Add additional clusters with JARVIS_CLUSTER_2_*, JARVIS_CLUSTER_3_*, etc.

When Alertmanager sits behind an authentication proxy (e.g. oauth2-proxy), use OAUTH2_* for dynamic token management (recommended) or BEARER_TOKEN / BASIC_AUTH_* for static credentials. Priority: OAuth2 > BEARER_TOKEN > BASIC_AUTH > HEADER_*. For full details and Keycloak setup see docs/authentication-alertmanager.md.

HA Alertmanager clusters

Alertmanager's HA mode runs 2+ instances in a gossip cluster: Prometheus sends every alert to all members, and silences replicate between members via gossip. Point one Jarvis cluster at all members by passing a comma-separated list in ALERTMANAGER_URL — Jarvis polls every member, deduplicates alerts by fingerprint (freshest updatedAt wins), and keeps the cluster healthy as long as at least one member responds:

# Cluster 1 — dev, single member (exactly today's syntax, unchanged)
JARVIS_CLUSTER_1_NAME=dev
JARVIS_CLUSTER_1_ALERTMANAGER_URL=http://am-dev.example.com:9093
JARVIS_CLUSTER_1_PROMETHEUS_URL=http://prom-dev.example.com:9090

# Cluster 2 — prod, HA cluster with 3 members (comma-separated list)
JARVIS_CLUSTER_2_NAME=prod
JARVIS_CLUSTER_2_ALERTMANAGER_URL=http://am1.prod.example.com:9093,http://am2.prod.example.com:9093,http://am3.prod.example.com:9093
JARVIS_CLUSTER_2_PROMETHEUS_URL=http://prom.prod.example.com:9090
JARVIS_CLUSTER_2_OAUTH2_CLIENT_ID=jarvis
JARVIS_CLUSTER_2_OAUTH2_CLIENT_SECRET=<secret>
JARVIS_CLUSTER_2_OAUTH2_TOKEN_URL=https://keycloak.example.com/realms/prod/protocol/openid-connect/token
JARVIS_CLUSTER_2_OAUTH2_SCOPES=alertmanager.read alertmanager.write

Notes:

  • Auth (OAUTH2_*, BEARER_TOKEN, BASIC_AUTH_*, HEADER_*) is per cluster and applies to all members alike — HA members share the same auth setup in practice.
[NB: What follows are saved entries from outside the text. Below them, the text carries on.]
-- ===== src/Lookup.antt =====
-- src/zdns/lookup.go, alookup.go and the helpers in util.go: how a lookup proceeds.
pub mod Glue
pub mod Chains
pub mod Servers
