-- ===== src/Lookup/Chains/Complete.antt =====
-- When `isLookupComplete` takes a name for resolved.
use zdns.Prelude.{
  ℕ, zero, suc, ◌+◌, ◌≤◌, ◌<◌, ◌≡◌, ◌⊎◌, inl, inr, refl, true, not, ◌&&◌, none, some, List, [], ◌∷◌,
  arith, Bool-cases, List-cases, Option-cases, ◌==◌, length, Text, text_eq,
}
use zdns.Prelude.StringLaws.{text_eq_iff}
use zdns.Records.{Answer}
use zdns.Lookup.Chains.{
  AnswerMap, answers_at, AnswerSets, target_name, apply_dname, next_name, complete_from,
  is_lookup_complete,
}

-- `k` CNAMEs lead from one name to another
pub data Chain (s : AnswerSets) : ℕ → Text → Text → Type 0 where
  here : (n : Text) → Chain s 0 n n
  hop :
      (k : ℕ) (n m : Text) (a : Answer) (l : List Answer)
      → answers_at s.cnames n ≡ a ∷ l
      → Chain s k (target_name a) m
      → Chain s (suc k) n m

module _ (order : ℕ → AnswerMap → AnswerMap) (s : AnswerSets) where
  -- `k` rounds of the loop lead from one name to another, from round `i` on
  pub data Walk : ℕ → ℕ → Text → Text → Type 0 where
    stop : (i : ℕ) (n : Text) → Walk i 0 n n
    move :
        (i k : ℕ) (n n' m : Text)
        → next_name order i s n ≡ some n'
        → Walk (i + 1) k n' m
        → Walk i (suc k) n m
    stay :
        (i k : ℕ) (n m : Text)
        → next_name order i s n ≡ none
        → Walk (i + 1) k n m
        → Walk i (suc k) n m

  complete_from-Chain :
      (fuel i k : ℕ) (original n m : Text) (c : Answer) (cs : List Answer)
      → k < fuel
      → Chain s k n m
      → answers_at s.candidates m ≡ c ∷ cs
      → complete_from order fuel i original s n ≡ true
  unfolding complete_from next_name
  complete_from-Chain zero i k original n m c cs lt ch e = absurd (omega arith)
  complete_from-Chain (suc fuel) i _ original n _ c cs lt (here _) e = ground (arith, e)
  complete_from-Chain (suc fuel) i _ original n m c cs lt (hop k _ _ a l f ch) e = ground (
    arith,
    f,
    complete_from-Chain fuel (i + 1) k original (target_name a) m c cs (omega arith) ch e,
  )

  -- A name from which CNAMEs lead to a name with a candidate is complete, if the chain is no longer
  -- than the two maps have names.
  pub is_lookup_complete-Chain :
      (k : ℕ) (original m : Text) (c : Answer) (cs : List Answer)
      → k ≤ length s.cnames + length s.dnames
      → Chain s k original m
      → answers_at s.candidates m ≡ c ∷ cs
      → is_lookup_complete order original s ≡ true
  unfolding is_lookup_complete
  is_lookup_complete-Chain k original m c cs le ch e =
      complete_from-Chain (length s.cnames + length s.dnames + 1) 0 k original original m c cs
        (omega arith) ch e

  -- why a name is taken for resolved
  pub record Resolves (original : Text) (i : ℕ) (n : Text) : Type 0 where
    pub rounds : ℕ
    pub last : Text
    pub walk : Walk i rounds n last
    pub reason :
        ((c : Answer) × (cs : List Answer) × (answers_at s.candidates last ≡ c ∷ cs))
        ⊎ ((last ≡ original) × (0 < i + rounds))

  stay-Resolves :
      (original : Text) (i : ℕ) (n : Text)
      → next_name order i s n ≡ none
      → Resolves original (i + 1) n
      → Resolves original i n
  stay-Resolves original i n g r = record {
    rounds = suc r.rounds;
    last = r.last;
    walk = stay i r.rounds n r.last g r.walk;
    reason = elim r.reason [ inl c ↦ inl c | inr (e, lt) ↦ inr (e, omega arith) ];
  }

  move-Resolves :
      (original : Text) (i : ℕ) (n n' : Text)
      → next_name order i s n ≡ some n'
      → Resolves original (i + 1) n'
      → Resolves original i n
  move-Resolves original i n n' g r = record {
    rounds = suc r.rounds;
    last = r.last;
    walk = move i r.rounds n n' r.last g r.walk;
    reason = elim r.reason [ inl c ↦ inl c | inr (e, lt) ↦ inr (e, omega arith) ];
  }

  complete_from-Resolves :
      (fuel i : ℕ) (original n : Text)
      → complete_from order fuel i original s n ≡ true
      → Resolves original i n
  unfolding complete_from
  complete_from-Resolves zero i original n h = absurd cc
  complete_from-Resolves (suc fuel) i original n h =
      elim (Bool-cases (text_eq n original && not (i == 0))) [
        | inl e ↦ record {
          rounds = 0;
          last = n;
          walk = stop i n;
          reason = inr ((text_eq_iff n original).0 (ground arith), ground arith);
        }
        | inr e ↦ elim (List-cases (answers_at s.candidates n)) [
          | inr (c, cs, f) ↦ record {
            rounds = 0;
            last = n;
            walk = stop i n;
            reason = inl (c, cs, f);
          }
          | inl f ↦ elim (Option-cases (next_name order i s n)) [
            | inl g ↦
                stay-Resolves original i n g
                  (complete_from-Resolves fuel (i + 1) original n (ground arith))
            | inr (n', g) ↦
                move-Resolves original i n n' g
                  (complete_from-Resolves fuel (i + 1) original n' (ground arith))
          ]
        ]
      ]

  -- What is complete has its reason: the rounds of the loop lead to a name with a candidate, or back
  -- to the name itself.
  pub is_lookup_complete-Resolves :
      (original : Text) → is_lookup_complete order original s ≡ true → Resolves original 0 original
  unfolding is_lookup_complete
  is_lookup_complete-Resolves original h =
      complete_from-Resolves (length s.cnames + length s.dnames + 1) 0 original original h

  -- A name of which nothing is known stands still, so the second round takes it for a loop and it is
  -- complete: one CNAME of any other name is enough.
  pub is_lookup_complete_unknown :
      (original : Text)
      → answers_at s.candidates original ≡ []
      → answers_at s.cnames original ≡ []
      → apply_dname (order 0 s.dnames) original ≡ none
      → 0 < length s.cnames + length s.dnames
      → is_lookup_complete order original s ≡ true
  unfolding is_lookup_complete complete_from next_name
  is_lookup_complete_unknown original c n d pos = unknown (length s.cnames + length s.dnames) pos
    where
      unknown : (k : ℕ) → 0 < k → complete_from order (k + 1) 0 original s original ≡ true
      unknown zero pos = absurd (omega arith)
      unknown (suc k) pos = ground (arith, c, n, d, (text_eq_iff original original).1 refl)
OAuth2 settings describe the IdP, not the members: Jarvis fetches one token from OAUTH2_TOKEN_URL and presents it to every member, so all members must accept tokens from that IdP (true by default for real HA replicas behind the same ingress/proxy). Members with genuinely different auth are not supported in v1 — align the auth, or configure such a member as its own separate cluster (which reintroduces duplicate alerts).
  • HOST_ALIAS can be a single value (applies to all members — e.g. one shared load balancer/ingress URL) or a comma-separated list matching the member count, one alias per member in the same order as ALERTMANAGER_URL. Useful for local testing where each member is reachable on a different localhost port:
    JARVIS_CLUSTER_2_ALERTMANAGER_URL=http://test-alertmanager:9093,http://test-alertmanager-2:9093
    JARVIS_CLUSTER_2_HOST_ALIAS=http://localhost:9094,http://localhost:9095
    A mismatched count (not 1, not exactly the member count) is a startup error.
  • A member is identified by its host:port in the UI, metrics, and the alert's seenOn list.
  • Silence writes go to the first healthy member (config order), retrying once against the next member on transport failure — never to all members, since gossip already replicates and posting to every member would create duplicate silences.
  • Duplicate member URLs within one cluster are a startup error.

Database

Jarvis supports two database backends — configured via JARVIS_DB_DSN:

SQLite (default — no setup required):

JARVIS_DB_DSN=/data/jarvis.db

PostgreSQL (external, persistent across container recreations):

JARVIS_DB_DSN=postgres://jarvis:secret@postgres:5432/jarvis?sslmode=require

TLS: Use sslmode=require (or sslmode=verify-full with a CA cert) in production. sslmode=disable transmits the database password in plain text and must not be used outside of local ephemeral test containers.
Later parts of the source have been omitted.